Squeaking about having to pay rent or buy food is useless. Experience has taught me that folks become huffy and angry, as though the needy person maybe telling lies about living on the edge of a precipice, or out of a paper bag.

Once I told someone in charge of payments that I needed urgent funds for a scuba-diving vacation. It just happened to be true, but it was not a vacation, it was an overnight in a hotel so that I could take my first diving exam with about 20 other people. I was amazed to see this person go through the stack of papers on her desk and pull out my payment form, which was at the bottom. Payment was effected immediately. I still wonder about this. If you need money to eat, people will look the other way, but if you need to do something frivolous, people will go out of their way to help you out. What does this say about us as a species? I am still trying to work this one out.

So, lately I have decided to add other strings to my bow; hence the bees. So we have gone to our classes and bought two hives. Our bee man told us to be prepared, to fill our honey store boxes with frames. I see that the wax sheets are already pressed with hexagonal patterns so the bees only have to build out from the template. This saves them time and energy. While we were engaged in attaching the waxy sheets to the frames we were accompanied by three wild bees that came to watch. Unfortunately I forgot to check the direction they flew when they hurried away as the sun set.
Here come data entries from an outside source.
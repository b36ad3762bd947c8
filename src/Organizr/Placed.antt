-- ===== src/Organizr/Placed.antt =====
-- The tabs that `main` of organizr-sync.py applies, as the list of categories and the specification
-- have them.
use mathlib.Core.Option.{some-injective}
use mathlib.Core.Path.{subst}
use k8s_homelab.Prelude.{
  ==_eq, Bool-cases, ap, Returns, ◌∙◌, ◌∷◌, sym, none, inr, inl, Option-cases, [], some, ◌≡◌,
  list_eq, nat_eq, arith, ◌==◌, if◌then◌else◌, Option, refl,
}
use k8s_homelab.Prelude.Dict.{lookup, lookup-AllEntries, Dict, AllEntries}
use k8s_homelab.Prelude.Text.{codes, Text}
use k8s_homelab.Organizr.Main.{with_id, placed_tab, placed_tabs}
use k8s_homelab.Json.{pop, put, get, get-put, get-pop, null, text, Fields, Value}
use k8s_homelab.Organizr.Ids.{HasId}
use k8s_homelab.Organizr.{Items}

-- A tab that names a category has the id of that category in the list, in place of the name; one that
-- names none has the fields of the specification.
abbrev pub IsPlaced : Items → Fields → Option Value → Fields → Type 0
IsPlaced listed tab (some (text name)) placed =
    (id : Value) × HasId listed name id
    × ((j : Text)
        → get j placed ≡ (
            if codes "category_id" == j
            then some id
            else if codes "category" == j
            then none
            else get j tab))
IsPlaced listed tab v placed =
    (j : Text) → get j placed ≡ (if codes "category" == j then none else get j tab)

-- Each of the tabs, in order and under its name.
abbrev pub ArePlaced : Items → Items → Items → Type 0
ArePlaced listed [] [] = Unit
ArePlaced listed ((name, tab) ∷ tabs) ((n, placed) ∷ rest) =
    (n ≡ name)
    × IsPlaced listed tab (get (codes "category") tab) placed
    × ArePlaced listed tabs rest
ArePlaced listed tabs rest = ⊥

without :
    (k : Text) (o : Fields)
    → get k o ≡ none
    → (j : Text) → get j o ≡ (if k == j then none else get j o)
without k o h j = elim (Bool-cases (k == j)) [
  | inl e ↦ rw e (subst (λ i. get i o ≡ none) (==_eq k j e) h)
  | inr e ↦ rw e refl
]

get-with_id :
    (tab : Fields) (id : Value) (j : Text)
    → get j (put (codes "category_id") id (pop (codes "category") tab)) ≡ (
        if codes "category_id" == j
        then some id
        else if codes "category" == j
        then none
        else get j tab)
get-with_id tab id j = ground (
  arith,
  get-put (codes "category_id") j id (pop (codes "category") tab),
  get-pop (codes "category") j tab,
)

module _ (listed : Items) (ids : Dict Text Value) (held : AllEntries (HasId listed) ids) where
  listed_id : (name : Text) (id : Value) → lookup name ids ≡ some id → HasId listed name id
  listed_id name id e =
      subst (Returns (HasId listed name)) e (lookup-AllEntries (HasId listed) name ids held)

  placed_tab-IsPlaced :
      (tab placed : Fields) (category : Option Value)
      → get (codes "category") tab ≡ category
      → placed_tab ids tab category ≡ some placed
      → IsPlaced listed tab category placed
  placed_tab-IsPlaced tab placed none c h =
      subst (IsPlaced listed tab none) (some-injective _ _ h) (without (codes "category") tab c)
  placed_tab-IsPlaced tab placed (some null) c h =
      subst (IsPlaced listed tab (some null)) (some-injective _ _ h)
        (λ j. get-pop (codes "category") j tab)
  placed_tab-IsPlaced tab placed (some (text name)) c h = elim (Option-cases (lookup name ids)) [
    | inl e ↦ absurd (ground (arith, ap (with_id tab) e, h))
    | inr (id, e) ↦
        subst (IsPlaced listed tab (some (text name)))
          (some-injective _ _ (sym (ap (with_id tab) e) ∙ h))
          (id, listed_id name id e, get-with_id tab id)
  ]
  placed_tab-IsPlaced tab placed (some v) c h = absurd (cc)

  pub placed_tabs-ArePlaced :
      (tabs placed : Items) → placed_tabs ids tabs ≡ some placed → ArePlaced listed tabs placed
  unfolding placed_tabs
  placed_tabs-ArePlaced [] placed h = subst (ArePlaced listed []) (some-injective _ _ h) tt
  placed_tabs-ArePlaced ((name, tab) ∷ tabs) placed h =
      let category = get (codes "category") tab in
      elim (Option-cases (placed_tab ids tab category)) [
        | inl e ↦ absurd (ground (arith, h))
        | inr (one, e) ↦ elim (Option-cases (placed_tabs ids tabs)) [
          | inl f ↦ absurd (ground (arith, h))
          | inr (rest, f) ↦
              let same : some ((name, one) ∷ rest) ≡ some placed = ground (arith, h) in
              subst (ArePlaced listed ((name, tab) ∷ tabs)) (some-injective _ _ same) (
                refl,
                placed_tab-IsPlaced tab one category refl e,
                placed_tabs-ArePlaced tabs rest f,
              )
        ]
      ]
When the bee man is ready for us we will pick up the two brood boxes with the new bees, we will bring them home and set them up in a field on a ledge created with rocks and found objects. The hives will be set against a cut stone wall, falling down at one end. Tall pine trees stand behind the wall, which will protect the hives from the fierce north wind. The entrance to the hives will face the sun's path across the sky.

I worry that our bees won't have much to eat, which is why I have been going around photographing anything that looks like a flower in bloom to make sure it is bee friendly. Our bees will make honey from hundreds of different varieties of flowers. I was surprised to find how tasty dandelion honey is, although it may smell like dead socks to some people. This reminds me of Jackfruit and how it can stink like a pig sty until you have tasted it and then all you can smell and taste is wonder and magic.

Perhaps life is like this.

You think you are living a difficult moment, and then something happens to lift the veil, change your perspective; the dark clouds become bright sunny skies, the rain a rainbow and a frown a smile.

Suddenly we are surrounded by friends, magic, love, miracles and bees.